Each runner has a match pattern that selects which BuildStep classes it handles, and a type that determines the execution backend.

[runners.my-runner]
match = "VivadoStep|SynthStep"   # fnmatch patterns, pipe-separated
type = "ssh"                      # local, ssh, pool, docker, cloud

Match patterns are tested against each class in the step's MRO (so matching VivadoStep also catches its subclasses). First matching rule wins. Unmatched steps run locally.

Runner Types

local

Runs commands via local subprocess. This is the default when no runner matches.

ssh

Executes on a remote host via SSH. Input files are rsynced to the remote host, the command runs there, and declared output files are rsynced back. Absolute paths in the command are rewritten to match the remote mirror.

[runners.build-server]
match = "VivadoStep"
type = "ssh"
host = "build.example.com"
user = "builder"
key = "~/.ssh/id_ed25519"
workdir = "~/parts-builds"
setup = "source /opt/tools/settings.sh"  # run before each command
jobs = 8                                  # max concurrent jobs

[runners.build-server.env]
LICENSE_FILE = "/opt/licenses/license.lic"

pool

Distributes jobs across multiple SSH hosts. Each host has a concurrency limit; jobs are dispatched to the first host with a free slot.

[runners.farm]
match = "VivadoStep"
type = "pool"
setup = "source /opt/tools/settings.sh"

[[runners.farm.hosts]]
host = "build1.example.com"
user = "builder"
key = "~/.ssh/id_ed25519"
workdir = "~/parts-builds"
jobs = 4

[[runners.farm.hosts]]
host = "build2.example.com"
user = "builder"
key = "~/.ssh/id_ed25519"
workdir = "~/parts-builds"
jobs = 8

docker

Runs commands inside a local Docker container.

[runners.sim]
match = "CocoTB*"
type = "docker"
image = "cocotb:latest"

Custom runner types

External packages can register their own runner types via the parts.runners entry point group, or by calling register_runner_type() at import time.

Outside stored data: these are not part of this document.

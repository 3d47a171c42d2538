-- ===== src/Telemetry/Latest.antt =====
-- The ring shows the latest samples: what QueryRange finds after any pushes.
use aurora_old.Base.{
  ℕ, zero, suc, ◌+◌, ◌-◌, ◌%◌, ◌≤◌, ltb, eqb, String, Bool, false, Option, none, some, List, [],
  ◌∷◌, if◌then◌else◌, get_elem?, set, length, length-set, length-replicate, get_elem?-set, take,
  keep, ◌≡◌, refl, ap, ◌∙◌, arith,
}
use Prim.Native.Nat.{min}
use native.Mathlib.Nat.{mod-lt, mod-eq_of_lt, mod-eq-sub-mod}
use aurora_old.Base.Int.{ℤ}
use aurora_old.Telemetry.Ring.{
  MetricSample, RingBuffer, capacity_for, new_ring, store, push_batch, sample_at, in_series,
  matching_from, matching,
}

mod_wrap : (a c : ℕ) → c ≤ a → suc (a - c) ≤ c → a % c ≡ a - c
mod_wrap a c h k = mod-eq-sub-mod h ∙ mod-eq_of_lt k

-- The remainder of a number below twice the capacity.
mod_cases : (a c : ℕ) → suc a ≤ c + c → a % c ≡ (if ltb a c then a else a - c)
mod_cases a c h = ground (arith, mod_wrap a c, mod-eq_of_lt {n = a} {m = c})

-- The place before the next one is the one just written.
next_zero : (h c : ℕ) → suc h ≤ c → ((h + 1) % c + c - 1 - 0) % c ≡ h
next_zero h c p =
    let e = mod_cases (h + 1) c (omega arith) in
    let f = mod_cases ((h + 1) % c + c - 1 - 0) c (ground arith) in ground arith

-- The places before it are the earlier ones, and not the one just written.
next_suc :
    (h c j : ℕ)
    → suc h ≤ c
    → suc (suc j) ≤ c
    → (((h + 1) % c + c - 1 - suc j) % c ≡ (h + c - 1 - j) % c)
      × (eqb h ((h + c - 1 - j) % c) ≡ false)
next_suc h c j p q =
    let e = mod_cases (h + 1) c (omega arith) in
    let f = mod_cases ((h + 1) % c + c - 1 - suc j) c (ground arith) in
    let g = mod_cases (h + c - 1 - j) c (ground arith) in ground arith

back_in : (h c j : ℕ) → suc h ≤ c → suc ((h + c - 1 - j) % c) ≤ c
back_in h c j p = mod-lt (h + c - 1 - j) {m = c} (omega arith)

take-nil {ℓ} : {A : Type ℓ} (n : ℕ) → take {A = A} n [] ≡ []
take-nil zero = refl
take-nil (suc n) = refl

-- A list has no more to take than its length.
take-min {ℓ} : {A : Type ℓ} (n : ℕ) (l : List A) → take (min (length l) n) l ≡ take n l
take-min zero l = let e : min (length l) 0 ≡ 0 = omega arith in ap (λ k. take k l) e
take-min (suc n) [] = let e : min 0 (suc n) ≡ 0 = omega arith in ap (λ k. take k []) e
take-min (suc n) (x ∷ l) =
    let e : min (suc (length l)) (suc n) ≡ suc (min (length l) n) = omega arith in
    ap (λ k. take k (x ∷ l)) e ∙ ap (λ t. x ∷ t) (take-min n l)

module _ {Float64 : Type 0} where
  -- The samples of these calls that are not nil, the latest first.
  abbrev pub latest :
      List (Option (MetricSample Float64))
      → List (MetricSample Float64)
      → List (MetricSample Float64)
  latest [] seen = seen
  latest (none ∷ rest) seen = latest rest seen
  latest (some s ∷ rest) seen = latest rest (s ∷ seen)

  -- The ring shows the samples of a list, the latest first, as far as it has room.
  record Shows (r : RingBuffer Float64) (l : List (MetricSample Float64)) : Type 0 where
    room : suc 0 ≤ r.capacity
    full_length : length r.samples ≡ r.capacity
    head_in : suc r.head ≤ r.capacity
    sized : r.size ≡ min (length l) r.capacity
    shown : (i : ℕ) → suc i ≤ r.size → sample_at r i ≡ get_elem? l i

  store-Shows :
      (s : MetricSample Float64) (r : RingBuffer Float64) (l : List (MetricSample Float64))
      → Shows r l
      → Shows (store s r) (s ∷ l)
  unfolding store sample_at
  store-Shows s r l h = record {
    room = h.room;
    full_length = length-set r.samples r.head (some s) ∙ h.full_length;
    head_in = ground (arith, mod_cases (r.head + 1) r.capacity, h.head_in, h.room);
    sized = ground (arith, h.sized);
    shown = λ i. shown_after i;
  }
    where
      written :
          (k : ℕ)
          → get_elem? (set r.samples r.head (some s)) k
            ≡ (if eqb r.head k then some (some s) else get_elem? r.samples k)
      written k =
          get_elem?-set r.samples r.head k (some s) (omega (arith, h.full_length, h.head_in))

      shown_after :
          (i : ℕ) → suc i ≤ (store s r).size → sample_at (store s r) i ≡ get_elem? (s ∷ l) i
      shown_after zero q = rw (next_zero r.head r.capacity h.head_in, written r.head) (ground arith)
      shown_after (suc j) q =
          let (e, f) = next_suc r.head r.capacity j h.head_in (ground (arith, h.sized)) in
          rw (e, written _, f) (h.shown j (ground (arith, h.sized)))

  new_ring-Shows : (c : ℤ) → Shows (new_ring c) []
  unfolding new_ring capacity_for
  new_ring-Shows c = record {
    room = ground arith;
    full_length = length-replicate (capacity_for c) none;
    head_in = ground arith;
    sized = ground arith;
    shown = λ i h. absurd_place h;
  }
    where
      absurd_place : {A : Type 0} {i : ℕ} → suc i ≤ 0 → A
      absurd_place h = ground arith

  push_batch-Shows :
      (ss : List (Option (MetricSample Float64))) (r : RingBuffer Float64)
      (l : List (MetricSample Float64))
      → Shows r l
      → Shows (push_batch ss r) (latest ss l)
  unfolding push_batch
  push_batch-Shows [] r l h = h
  push_batch-Shows (none ∷ ss) r l h = push_batch-Shows ss r l h
  push_batch-Shows (some s ∷ ss) r l h =
      push_batch-Shows ss (store s r) (s ∷ l) (store-Shows s r l h)

  -- Any calls of Push and PushBatch, in order: a push is a batch of one.
  abbrev pub push_all :
      List (List (Option (MetricSample Float64))) → RingBuffer Float64 → RingBuffer Float64
  push_all [] r = r
  push_all (ss ∷ more) r = push_all more (push_batch ss r)

  abbrev pub latest_all :
      List (List (Option (MetricSample Float64)))
      → List (MetricSample Float64)
      → List (MetricSample Float64)
  latest_all [] l = l
  latest_all (ss ∷ more) l = latest_all more (latest ss l)

  push_all-Shows :
      (bs : List (List (Option (MetricSample Float64)))) (r : RingBuffer Float64)
      (l : List (MetricSample Float64))
      → Shows r l
      → Shows (push_all bs r) (latest_all bs l)
  push_all-Shows [] r l h = h
  push_all-Shows (ss ∷ bs) r l h =
      push_all-Shows bs (push_batch ss r) (latest ss l) (push_batch-Shows ss r l h)

  later_places :
      (r : RingBuffer Float64) (i n : ℕ) (l t : List (MetricSample Float64))
      → ((j : ℕ) → suc j ≤ suc n → sample_at r (i + j) ≡ get_elem? l j)
      → ((j : ℕ) → get_elem? l (suc j) ≡ get_elem? t j)
      → (j : ℕ) → suc j ≤ n
      → sample_at r (suc i + j) ≡ get_elem? t j
  later_places r i n l t h e j p = ap (sample_at r) (omega arith) ∙ h (suc j) (omega arith) ∙ e j

  first_place :
      (r : RingBuffer Float64) (i n : ℕ) (l : List (MetricSample Float64))
      → ((j : ℕ) → suc j ≤ suc n → sample_at r (i + j) ≡ get_elem? l j)
      → sample_at r i ≡ get_elem? l 0
  first_place r i n l h = ap (sample_at r) (omega arith) ∙ h 0 (omega arith)

  matching_from-keep :
      (fits : MetricSample Float64 → Bool) (r : RingBuffer Float64) (i n : ℕ)
      (l : List (MetricSample Float64))
      → ((j : ℕ) → suc j ≤ n → sample_at r (i + j) ≡ get_elem? l j)
      → matching_from fits r i n ≡ keep fits (take n l)
  unfolding matching_from
  matching_from-keep fits r i zero l h = refl
  matching_from-keep fits r i (suc n) [] h =
      let rest = matching_from-keep fits r (suc i) n [] (later_places r i n [] [] h (λ j. refl)) in
      rw (matching_from, first_place r i n [] h) (rest ∙ ap (keep fits) (take-nil n))
  matching_from-keep fits r i (suc n) (s ∷ l) h =
      let rest =
        matching_from-keep fits r (suc i) n l (later_places r i n (s ∷ l) l h (λ j. refl)) in
      rw (matching_from, first_place r i n (s ∷ l) h, rest) refl

  push_batch-capacity :
      (ss : List (Option (MetricSample Float64))) (r : RingBuffer Float64)
      → (push_batch ss r).capacity ≡ r.capacity
  unfolding push_batch store
  push_batch-capacity [] r = refl
  push_batch-capacity (none ∷ ss) r = push_batch-capacity ss r
  push_batch-capacity (some s ∷ ss) r = push_batch-capacity ss (store s r)

  push_all-capacity :
      (bs : List (List (Option (MetricSample Float64)))) (r : RingBuffer Float64)
      → (push_all bs r).capacity ≡ r.capacity
  push_all-capacity [] r = refl
  push_all-capacity (ss ∷ bs) r = push_all-capacity bs (push_batch ss r) ∙ push_batch-capacity ss r

  -- After any pushes, in batches or alone, into a new ring, the samples that a query finds for its
  -- series and its times are those among the latest pushed ones, the latest first, of which the
  -- ring shows as many as its capacity; nil samples count for nothing.
  pub matching-latest :
      (c : ℤ) (bs : List (List (Option (MetricSample Float64)))) (res_type res_id name : String)
      (from to : ℤ)
      → matching res_type res_id name from to (push_all bs (new_ring c))
        ≡ keep (in_series res_type res_id name from to) (take (capacity_for c) (latest_all bs []))
  unfolding matching new_ring
  matching-latest c bs res_type res_id name from to =
      let r = push_all bs (new_ring c) in
      let l = latest_all bs [] in
      let fits = in_series res_type res_id name from to in
      let h = push_all-Shows bs (new_ring c) [] (new_ring-Shows c) in
      matching_from-keep fits r 0 r.size l (λ j p. ap (sample_at r) (omega arith) ∙ h.shown j p)
      ∙ ap (λ n. keep fits (take n l)) h.sized
      ∙ ap (keep fits) (take-min r.capacity l)
      ∙ ap (λ n. keep fits (take n l)) (push_all-capacity bs (new_ring c))
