-- ===== src/Telemetry/Tests.antt =====
-- A ring of two samples.
use aurora_old.Base.{ℕ, Option, none, some, List, [], ◌∷◌, ◌≡◌}
use aurora_old.Base.Int.{pos}
use aurora_old.Telemetry.Ring.{MetricSample, capacity_for, new_ring, in_series, matching}
use aurora_old.Telemetry.Latest.{push_all, matching-latest}

-- The load of a node, as a whole number, at a second.
abbrev load : ℕ → ℕ → MetricSample ℕ
load value second = record {
  resource_type = "node";
  resource_id = "n1";
  metric_name = "load_1m";
  value = value;
  timestamp = pos second;
}

abbrev pushed : List (List (Option (MetricSample ℕ)))
pushed = (some (load 7 1) ∷ none ∷ []) ∷ (some (load 8 2) ∷ some (load 9 3) ∷ []) ∷ []

matching-latest_example :
    matching "node" "n1" "load_1m" (pos 0) (pos 9) (push_all pushed (new_ring (pos 2)))
    ≡ load 9 3 ∷ load 8 2 ∷ []
unfolding capacity_for in_series
matching-latest_example = matching-latest (pos 2) pushed "node" "n1" "load_1m" (pos 0) (pos 9)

Entry point (pyproject.toml):

[project.entry-points."parts.runners"]
myrunner = "mypackage.runner:create"

Where create(name, config) is a factory that returns a Runner instance.

Programmatic registration:

from pymoku.parts.runners import register_runner_type

def my_factory(name, config):
    return MyRunner(name, config)

register_runner_type('myrunner', my_factory)

Then use it in parts.toml:

[runners.example]
match = "SomeStep"
type = "myrunner"
custom_option = "value"

Cache Invalidation

The runner's state_hash() is mixed into each step's cache key. This means switching runners (e.g. from local to cloud, or changing SSH host) automatically invalidates the cache for affected steps.

Environment Variables

Environment variables are merged from three sources (later wins):

  1. Runner config [runners.name.env] table
  2. set_env() calls in parts.def (config_env)
  3. ProcessStep extra_env kwarg

DockerStep with Remote Runners

When a DockerStep is matched by an SSH or cloud runner, the step's image attribute is forwarded. The remote runner wraps the command in docker run on the remote host, or passes it to the cloud API as a container job.